Grafton’s early settlers, most of whom came from the green rolling hills of England, did not think much of the town’s surrounding scenery and had to brave the travails that the sometimes inhospitable landscape dealt them without modern conveniences. However, that very scenery is the reason Grafton is easily the most famous ghost town in Utah and one of the most photographed ghost towns in the country.

Much of the town’s fame came from its use as a backdrop to Western movies, and its history reads like one of the scripts that made it famous.

If those two structures – and three others in the immediate vicinity – could talk, they would tell a stirring story of Indian troubles, floods, years of disrepair and neglect and ultimately resurrection.
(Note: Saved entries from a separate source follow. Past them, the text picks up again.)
named-OnArtifact :
    (P : ReceiptArtifact → Type 0) (name_of : String → String) (plan : RemovalPlan)
    (id name : String) (shapes : List Shape)
    → All (λ (e : String × ReceiptArtifact). P e.1) plan.artifacts
    → OnArtifact
        (λ (a : ReceiptArtifact). P a × (is_named name_of name shapes a ≡ true))
        (proven_named name_of plan id name shapes)
unfolding proven_named
named-OnArtifact P name_of plan id name shapes h =
    let found = artifacts_at plan.artifacts (paths_of (get id plan.by_tool)) in
    the_only-OnArtifact (λ (a : ReceiptArtifact). P a × (is_named name_of name shapes a ≡ true))
      (filter (is_named name_of name shapes) found)
      (tested-All P (is_named name_of name shapes) found
        (at-All P plan.artifacts (paths_of (get id plan.by_tool)) h))

leaf_of :
    (name_of : String → String) (name : String) (a : ReceiptArtifact)
    → is_named name_of name (leaf ∷ []) a ≡ true
    → same_shape a.shape leaf ≡ true
unfolding is_named
leaf_of name_of name a h = ground (arith, h)

-- What runs for a list of the vendor's words
abbrev IsBound : (ReceiptArtifact → Type 0) → List String → Type 0
IsBound P argv =
    (argv ≡ []) ⊎ ((a : ReceiptArtifact) × (words : List String) × (argv ≡ a.path ∷ words) × P a)

bound-IsBound :
    (P : ReceiptArtifact → Type 0) (o : Option ReceiptArtifact) (words : List String)
    → OnArtifact P o
    → IsBound P (bound o words)
unfolding bound
bound-IsBound P none words h = inl refl
bound-IsBound P (some a) words h = inr (a, words, refl, h)

words-IsBound :
    (P : ReceiptArtifact → Type 0) (name_of : String → String) (tool : Tool) (plan : RemovalPlan)
    (o : Option (List String))
    → All (λ (e : String × ReceiptArtifact). P e.1) plan.artifacts
    → IsBound
        (λ (a : ReceiptArtifact). P a × (same_shape a.shape leaf ≡ true))
        (recipe_words name_of tool plan o)
unfolding recipe_words
words-IsBound P name_of tool plan none h = inl refl
words-IsBound P name_of tool plan (some []) h = inl refl
words-IsBound P name_of tool plan (some (head ∷ words)) h =
    elim (bound-IsBound
      (λ (a : ReceiptArtifact). P a × (is_named name_of head (leaf ∷ []) a ≡ true))
      (proven_named name_of plan tool.id head (leaf ∷ [])) words
      (named-OnArtifact P name_of plan tool.id head (leaf ∷ []) h)) [
        | inl empty ↦ inl empty
        | inr found ↦
            inr (found.0, found.1, found.2, (found.3.0, leaf_of name_of head found.0 found.3.1))
      ]

owned :
    (disk : Disk) (tool : Tool) (a : ReceiptArtifact)
    → Among (λ (t : Tool). IsOwned disk t a) (tool ∷ [])
    → IsOwned disk tool a
owned disk tool a (inl h) = h
owned disk tool a (inr h) = ground (arith, h)

module _ (disk : Disk) (vendor : Vendor) where
  vendor-cases :
      (tool : Tool) (o : Option Receipt) (plan : RemovalPlan)
      → All (λ (e : String × ReceiptArtifact). IsOwned disk tool e.1) plan.artifacts
      → (recipe_removal disk vendor tool o plan ≡ [])
        ⊎ ((r : Receipt) × (o ≡ some r)
            × IsVendorRemoval disk tool r (recipe_removal disk vendor tool o plan))
  unfolding recipe_removal
  vendor-cases tool none plan h = inl refl
  vendor-cases tool (some r) plan h =
      let words = recipe_words disk.name_of tool plan (vendor.remove_words tool r) in
      elim (if-cases (not (is_script r.kind) || is_empty (paths_of (get tool.id plan.by_tool))) []
        words) [
          | inl barred ↦ inl barred.1
          | inr free ↦
              elim (words-IsBound (IsOwned disk tool) disk.name_of tool plan
                (vendor.remove_words tool r) h) [
                  | inl empty ↦ inl (free.1 ∙ empty)
                  | inr found ↦ inr (
                    r,
                    refl,
                    (
                      ground (arith, free.0),
                      found.0,
                      found.1,
                      free.1 ∙ found.2,
                      found.3.1,
                      found.3.0,
                    ),
                  )
                ]
        ]

  recipe_or-append :
      (prefix : List String) (name : String) (argv : List String)
      → recipe_or (prefix ++ name ∷ []) argv ≡ prefix ++ name ∷ []
  unfolding recipe_or
  recipe_or-append [] name argv = refl
  recipe_or-append (word ∷ prefix) name argv = refl

  manager-level :
      (tool : Tool) (o : Option Receipt) (base : RemovalPlan) (prefix : List String) (name : String)
      → final_level tool o base (base_level (prefix ++ name ∷ []) o base) ≡ manager
  unfolding final_level base_level is_empty is_none_level
  manager-level tool o base [] name = elim (Bool-cases tool.retired) [
    | inl retired ↦ ground (arith, retired)
    | inr current ↦ ground (arith, current)
  ]
  manager-level tool o base (word ∷ prefix) name = elim (Bool-cases tool.retired) [
    | inl retired ↦ ground (arith, retired)
    | inr current ↦ ground (arith, current)
  ]

  abbrev executable_shapes : List Shape
  executable_shapes = link ∷ leaf ∷ file ∷ []

  -- The undo of the tool's hook, for the hosts that the receipt records, by the installer's own
  -- executable of the tool.
  abbrev pub IsUndo : Tool → Receipt → List (List String) → Type 0
  IsUndo tool r argvs =
      (name : String) × (a : ReceiptArtifact) × (tool.postinstall ≡ some name)
      × (is_empty (paths_of (get name r.hooks)) ≡ false)
      × IsOwned disk tool a
      × (is_named disk.name_of tool.cmd (link ∷ leaf ∷ file ∷ []) a ≡ true)
      × (argvs ≡ vendor.unregister_argvs name a.path (paths_of (get name r.hooks)))

  undo_with-cases :
      (P : ReceiptArtifact → Type 0) (name : String) (hosts : List String)
      (o : Option ReceiptArtifact)
      → OnArtifact P o
      → ((undo_with disk vendor name hosts o).0 ≡ [])
        ⊎ ((a : ReceiptArtifact) × P a
            × ((undo_with disk vendor name hosts o).0 ≡ vendor.unregister_argvs name a.path hosts))
  unfolding undo_with
  undo_with-cases P name hosts none h = inl refl
  undo_with-cases P name hosts (some a) h = inr (a, h, refl)

  hook_undo-cases :
      (tool : Tool) (o : Option Receipt) (hook : Option String) (plan : RemovalPlan)
      → tool.postinstall ≡ hook
      → All (λ (e : String × ReceiptArtifact). IsOwned disk tool e.1) plan.artifacts
      → ((hook_undo disk vendor tool o hook plan).0 ≡ [])
        ⊎ ((r : Receipt) × (o ≡ some r) × IsUndo tool r (hook_undo disk vendor tool o hook plan).0)
  unfolding hook_undo
  hook_undo-cases tool none hook plan h owns = inl refl
  hook_undo-cases tool (some r) none plan h owns = inl refl
  hook_undo-cases tool (some r) (some name) plan h owns =
      let hosts = paths_of (get name r.hooks) in
      let found = proven_named disk.name_of plan tool.id tool.cmd executable_shapes in
      elim (if-cases {A = List (List String) × List String} (is_empty hosts) ([], [])
        (undo_with disk vendor name hosts found)) [
          | inl none_recorded ↦
              inl (ap (λ (u : List (List String) × List String). u.0) none_recorded.1)
          | inr some_recorded ↦
              let same = ap (λ (u : List (List String) × List String). u.0) some_recorded.1 in
              elim (undo_with-cases
                (λ (a : ReceiptArtifact).
                  IsOwned disk tool a × (is_named disk.name_of tool.cmd executable_shapes a ≡ true))
                name hosts found
                (named-OnArtifact (IsOwned disk tool) disk.name_of plan tool.id tool.cmd
                  executable_shapes owns)) [
                    | inl nothing ↦ inl (same ∙ nothing)
                    | inr owner ↦ inr (
                      r,
                      refl,
                      (name, owner.0, h, some_recorded.0, owner.1.0, owner.1.1, same ∙ owner.2),
                    )
                  ]
        ]

  argv-IsAuthorized :
      (tool : Tool) (hint : Option String)
      → All
          (λ (e : String × ReceiptArtifact). IsOwned disk tool e.1)
          (plan_removal disk (tool ∷ [])).artifacts
      → ((removal_plan disk vendor tool hint).argv ≡ [])
        ⊎ ((r : Receipt) × (disk.read tool.id ≡ some r)
            × ((((removal_plan disk vendor tool hint).level ≡ manager)
                  × IsManagerRemoval tool r (removal_plan disk vendor tool hint).argv)
                ⊎ IsVendorRemoval disk tool r (removal_plan disk vendor tool hint).argv))
  unfolding removal_plan recipe_unless recipe_or
  argv-IsAuthorized tool hint proven =
      let base = plan_removal disk (tool ∷ []) in
      let o = disk.read tool.id in
      let argv = manager_removal tool o in
      let final = λ (l : List String). recipe_or l (recipe_unless disk vendor l tool o base) in
      elim (manager-cases tool o) [
        | inr found ↦
            let command = found.2.0 ++ found.2.1 ∷ [] in
            inr (
              found.0,
              found.1,
              inl (
                ap (λ (l : List String). final_level tool o base (base_level l o base)) found.2.5
                    ∙ manager-level tool o base found.2.0 found.2.1,
                (
                  found.2.0,
                  found.2.1,
                  found.2.2,
                  found.2.3,
                  found.2.4,
                  ap final found.2.5
                      ∙ recipe_or-append found.2.0 found.2.1
                          (recipe_unless disk vendor command tool o base),
                ),
              ),
            )
        | inl empty ↦ elim (vendor-cases tool o base proven) [
          | inl nothing ↦ inl (ap final empty ∙ nothing)
          | inr found ↦ inr (
            found.0,
            found.1,
            inr (found.2.0, found.2.1, found.2.2, ap final empty ∙ found.2.3, found.2.4, found.2.5),
          )
        ]
      ]

  -- The command of a removal is none; or the uninstall command of a manager, for the package that
  -- the tool's receipt names and a method of the tool of the receipt's kind declares, and then the
  -- level is that of a manager; or, for a receipt of a script, a command whose first word is the
  -- path of a single file that the installer owns. It unregisters nothing, or the hosts that the
  -- tool's receipt records for the tool's hook, by an executable that the installer owns and that
  -- is named like the tool's command.
  pub removal_plan-IsAuthorized :
      (tool : Tool) (hint : Option String)
      → (((removal_plan disk vendor tool hint).argv ≡ [])
          ⊎ ((r : Receipt) × (disk.read tool.id ≡ some r)
              × ((((removal_plan disk vendor tool hint).level ≡ manager)
                    × IsManagerRemoval tool r (removal_plan disk vendor tool hint).argv)
                  ⊎ IsVendorRemoval disk tool r (removal_plan disk vendor tool hint).argv)))
        × (((removal_plan disk vendor tool hint).unregister ≡ [])
            ⊎ ((r : Receipt) × (disk.read tool.id ≡ some r)
                × IsUndo tool r (removal_plan disk vendor tool hint).unregister))
  unfolding removal_plan
  removal_plan-IsAuthorized tool hint =
      let base = plan_removal disk (tool ∷ []) in
      let proven : All (λ (e : String × ReceiptArtifact). IsOwned disk tool e.1) base.artifacts =
        All-map
          {P = λ (e : String × ReceiptArtifact).
            Among (λ (t : Tool). IsOwned disk t e.1) (tool ∷ []) × (e.1.path ≡ e.0)}
          {Q = λ (e : String × ReceiptArtifact). IsOwned disk tool e.1}
          (λ (e : String × ReceiptArtifact) h. owned disk tool e.1 h.0) base.artifacts
          (plan_removal-IsProven disk (tool ∷ [])).0 in
      (
        argv-IsAuthorized tool hint proven,
        hook_undo-cases tool (disk.read tool.id) tool.postinstall base refl proven,
      )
They stand both as testaments to pioneer ingenuity and hardship and as proof that a group of people with the same goals can do wonders.

First establishment

First established in 1859 by Nathan C. Tenney and five other families from Virgin, the settlers were attracted to the area’s fertile soil and abundant water supplied by the Virgin River. They cooperated well in planting crops, digging irrigation ditches and building homes.

This historic photo shows Grafton across the Virgin River. Once the center of farming area, this photo shows washed out banks along the river. Grafton, Utah Sept. 6, 1929 | Public domain photo by George A. Grant, Photographer with the National Park Service / National Archives and Records Administration Identifier 520416, per Wikimedia Commons, St. George News

In 1861, during Brigham Young’s quest for a self-sufficient society at the dawn of the Civil War, settlers of Utah’s Dixie began to grow cotton. In that year, Grafton’s residents were too obedient to their prophet’s call and did not plant enough other crops to feed their families.
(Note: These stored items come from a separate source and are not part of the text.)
-- ===== src/Removal/Tests.antt =====
-- A tool from an archive with a receipt, and one that Homebrew installed.
use tools_installer.Base.{
  String, ◌≡◌, refl, true, false, ◌⊎◌, Option, none, some, [], ◌∷◌, ◌==◌, map, if◌then◌else◌, ◌&&◌,
  contains, put, get, All, Distinct,
}
use tools_installer.Model.{Tool, Method, github_release, brew, Value, Priority, Audience, Tier}
use tools_installer.Resolve.{kind_name}
use tools_installer.Install.{method_package}
use tools_installer.Removal.{
  Shape, dir, link, ReceiptArtifact, Receipt, Disk, manager, plan_removal, plan_tools, plan_tool,
  receipt_proof, proof_of, is_authorized, is_placed, same_shape, shape_rank, add_artifacts,
  add_artifact, with_tool, with_leftovers, nothing_found, rest_of, manager_argv,
}
use tools_installer.Removal.Plan.{
  Vendor, removal_plan, manager_removal, named, argv_of, declares, has_package, recipe_or,
}
use tools_installer.Removal.Proof.{Among, IsOwned, plan_removal-IsProven}
use tools_installer.Removal.Levels.{
  IsManagerRemoval, IsVendorRemoval, IsUndo, removal_plan-IsAuthorized,
}

abbrev tool_with : String → Method → Tool
tool_with id m = record {
  id = id;
  name = id;
  category = "dev";
  cmd = id;
  methods = m ∷ [];
  priority = Priority.p1;
  audience = Audience.both;
  tier = Tier.user;
  desc = "";
  requires = [];
  recommends = [];
  postinstall = none;
  post_install = [];
  default_enabled_sensitive_actions = [];
  owner_probes = [];
  config_paths = [];
  retired = false;
}

abbrev fd : Tool
fd = tool_with "fd" (record { kind = github_release; params = []; os = []; arch = [] })

abbrev bat : Tool
bat =
    tool_with "bat"
      (record { kind = brew; params = ("formula", Value.str "bat") ∷ []; os = []; arch = [] })

abbrev artifact : String → Shape → ReceiptArtifact
artifact path shape = record { path = path; shape = shape; target = none; sha256 = none }

-- The receipt also claims a path that the catalog does not place.
abbrev fd_receipt : Receipt
fd_receipt = record {
  kind = github_release;
  «package» = none;
  artifacts = artifact "/home/u" dir ∷ artifact "/bin/fd" link ∷ artifact "/opt/fd" dir ∷ [];
  hooks = [];
}

abbrev bat_receipt : Receipt
bat_receipt = record { kind = brew; «package» = some "bat"; artifacts = []; hooks = [] }

receipt_of : String → Option Receipt
receipt_of id = if id == "fd" then some fd_receipt else some bat_receipt

abbrev home : Disk
home = record {
  receipt_exists = λ _. true;
  read = receipt_of;
  drifted = λ _. false;
  exists = λ _. true;
  is_still_proven = λ _. true;
  link_fingerprint = λ _. none;
  dir_fingerprint = λ _ _. none;
  artifact_paths = λ m. elim m.kind [
    | github_release ↦
        record { path = "/bin/fd"; shape = link } ∷ record { path = "/opt/fd"; shape = dir } ∷ []
    | _ ↦ []
  ];
  quarantined = λ _. [];
  name_of = λ p. p;
  parent_of = λ p. p;
  opt_dir = λ n. n;
  bin_dir = "/bin";
  applications_dir = "/Applications";
}

abbrev no_vendor : Vendor
no_vendor = record {
  remove_words = λ _ _. none;
  unregister_argvs = λ _ _ _. [];
  unregister_hosts = λ _ _. [];
  expanduser = λ p. p;
}

plan_removal-IsProven_example :
    All
      (λ (e : String × ReceiptArtifact).
        Among (λ (tool : Tool). IsOwned home tool e.1) (fd ∷ []) × (e.1.path ≡ e.0))
      (plan_removal home (fd ∷ [])).artifacts
    × (map (λ e. e.0) (plan_removal home (fd ∷ [])).artifacts
        ≡ (plan_removal home (fd ∷ [])).removable)
    × Distinct (plan_removal home (fd ∷ [])).removable
    × ((p : String)
        → (contains p (plan_removal home (fd ∷ [])).yourself
            && contains p (plan_removal home (fd ∷ [])).removable)
          ≡ false)
plan_removal-IsProven_example = plan_removal-IsProven home (fd ∷ [])

removal_plan-IsAuthorized_example :
    (((removal_plan home no_vendor bat none).argv ≡ [])
      ⊎ ((r : Receipt) × (home.read bat.id ≡ some r)
          × ((((removal_plan home no_vendor bat none).level ≡ manager)
                × IsManagerRemoval bat r (removal_plan home no_vendor bat none).argv)
              ⊎ IsVendorRemoval home bat r (removal_plan home no_vendor bat none).argv)))
    × (((removal_plan home no_vendor bat none).unregister ≡ [])
        ⊎ ((r : Receipt) × (home.read bat.id ≡ some r)
            × IsUndo home no_vendor bat r (removal_plan home no_vendor bat none).unregister))
removal_plan-IsAuthorized_example = removal_plan-IsAuthorized home no_vendor bat none

only_placed_paths : (plan_removal home (fd ∷ [])).removable ≡ "/bin/fd" ∷ "/opt/fd" ∷ []
unfolding plan_removal plan_tools plan_tool receipt_proof proof_of receipt_of is_authorized
    is_placed kind_name same_shape shape_rank add_artifacts add_artifact with_tool with_leftovers
    nothing_found contains put rest_of
only_placed_paths = refl

bat_through_brew : (removal_plan home no_vendor bat none).argv ≡ "brew" ∷ "uninstall" ∷ "bat" ∷ []
unfolding removal_plan manager_removal receipt_of manager_argv named argv_of declares kind_name
    has_package method_package get recipe_or
bat_through_brew = refl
The next year, in January 1862, a horrible flood destroyed much of the town, forcing its settlers to re-establish a townsite on higher ground one mile upstream. Tenney named his daughter, born during the flood while he and other settlers had to move his home to higher ground, Marvelous Flood in honor of the catastrophic event. This flood, however, was a foreshadowing of what was to come, as Grafton residents kept fighting a losing battle with the river.
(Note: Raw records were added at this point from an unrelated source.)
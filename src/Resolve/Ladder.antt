-- ===== src/Resolve/Ladder.antt =====
-- What `resolve_methods` returns: methods that suit the host, in the order of the ladder.
use tools_installer.Base.{
  ℕ, String, true, false, List, [], ◌∷◌, ◌≡◌, arith, filter, All, Bool-cases, inl, inr,
  if◌then◌else◌, sorted-All, IsSorted, sorted-IsSorted, of_key, sorted-of_key, ◌==◌, eq_iff, sym,
}
use tools_installer.Model.{Kind, dnf, apt, pacman, rpm_ostree, brew, cask, Method, Tool}
use tools_installer.Platform.{Platform}
use tools_installer.Resolve.{rank, excludes, below_floor, kind_applies, applies, resolve_methods}

abbrev pub ladder : Method → ℕ
ladder m = rank m.kind

-- What a kind of method asks of the host.
abbrev pub KindSuits : Kind → Platform → Type 0
KindSuits dnf p = (p.immutable ≡ false) × (p.os ≡ "fedora")
KindSuits apt p = (p.immutable ≡ false) × (p.os ≡ "debian")
KindSuits pacman p = (p.immutable ≡ false) × (p.os ≡ "arch")
KindSuits rpm_ostree p = ⊥
KindSuits brew p = p.has_brew ≡ true
KindSuits cask p = (p.os ≡ "macos") × (p.has_brew ≡ true)
KindSuits _ p = Unit

abbrev pub Suits : Platform → Method → Type 0
Suits p m =
    (excludes m.os p.os ≡ false)
    × (excludes m.arch p.arch ≡ false)
    × (below_floor m p ≡ false)
    × KindSuits m.kind p

native_suits :
    (p : Platform) (native : String)
    → (if p.immutable then false else native == p.os) ≡ true
    → (p.immutable ≡ false) × (p.os ≡ native)
native_suits p native h = elim (Bool-cases p.immutable) [
  | inl holds ↦ ground arith
  | inr fails ↦ (fails, sym ((eq_iff native p.os).0 (ground arith)))
]

kind_applies-KindSuits : (k : Kind) (p : Platform) → kind_applies k p ≡ true → KindSuits k p
unfolding kind_applies
kind_applies-KindSuits dnf p h = native_suits p "fedora" h
kind_applies-KindSuits apt p h = native_suits p "debian" h
kind_applies-KindSuits pacman p h = native_suits p "arch" h
kind_applies-KindSuits rpm_ostree p h = ground arith
kind_applies-KindSuits brew p h = h
kind_applies-KindSuits cask p h = elim (Bool-cases (p.os == "macos")) [
  | inl holds ↦ ((eq_iff p.os "macos").0 holds, ground arith)
  | inr fails ↦ ground arith
]
kind_applies-KindSuits _ p h = tt

applies-Suits : (p : Platform) (m : Method) → applies m p ≡ true → Suits p m
unfolding applies
applies-Suits p m h = elim (Bool-cases (excludes m.os p.os)) [
  | inl holds ↦ ground arith
  | inr os ↦ elim (Bool-cases (excludes m.arch p.arch)) [
    | inl holds ↦ ground arith
    | inr arch ↦ elim (Bool-cases (below_floor m p)) [
      | inl holds ↦ ground arith
      | inr floor ↦ (os, arch, floor, kind_applies-KindSuits m.kind p (ground arith))
    ]
  ]
]

filter-All : (p : Platform) (ms : List Method) → All (Suits p) (filter (λ m. applies m p) ms)
filter-All p [] = tt
filter-All p (m ∷ ms) = elim (Bool-cases (applies m p)) [
  | inl holds ↦ rw holds (applies-Suits p m holds, filter-All p ms)
  | inr fails ↦ rw fails (filter-All p ms)
]

-- The methods of `resolve_methods` suit the host: neither `os`, `arch` nor `min_os_version`
-- excludes them, a native manager is that of the host's system and the host is not immutable,
-- `brew` and `cask` have Homebrew, a cask is on macOS, and none is `rpm_ostree`. They stand in the
-- order of their ranks, and the methods of one rank are all of the tool's that apply, in the
-- tool's order.
pub resolve_methods-ladder :
    (tool : Tool) (p : Platform)
    → All (Suits p) (resolve_methods tool p)
      × IsSorted ladder (resolve_methods tool p)
      × ((k : ℕ)
          → of_key ladder k (resolve_methods tool p)
            ≡ of_key ladder k (filter (λ m. applies m p) tool.methods))
unfolding resolve_methods
resolve_methods-ladder tool p = (
  sorted-All ladder (Suits p) (filter (λ m. applies m p) tool.methods) (filter-All p tool.methods),
  sorted-IsSorted ladder (filter (λ m. applies m p) tool.methods),
  λ k. sorted-of_key ladder k (filter (λ m. applies m p) tool.methods),
)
The river repeatedly washed out irrigation dams, sometimes twice or three times in a single year. In addition to washed-out dams, irrigation ditches needed constant attention to remove debris, especially sand, enough so that one early settler remarked, “Making ditches in Grafton is like household washing; it’s a weekly chore!”

Interestingly, the first post office was known as “Wheeler” because there were Graftons in other states, including Massachusetts (for which the town was named), Illinois, New Hampshire, Ohio and West Virginia. The town served as county seat of Kane County from 1864-66 and remained inside its boundaries until 1882.

Indian troubles

Much like the formulaic plotline of many Western films, Indians sometimes wreaked havoc on the townspeople. Settlers’ cattle and sheep overgrazed, which wiped out the grass whose seeds the Indians used for part of their winter food. The Indians’ resentment prompted them to kill or steal this livestock, resulting in settlers establishing military units to protect against Indian theft and attacks.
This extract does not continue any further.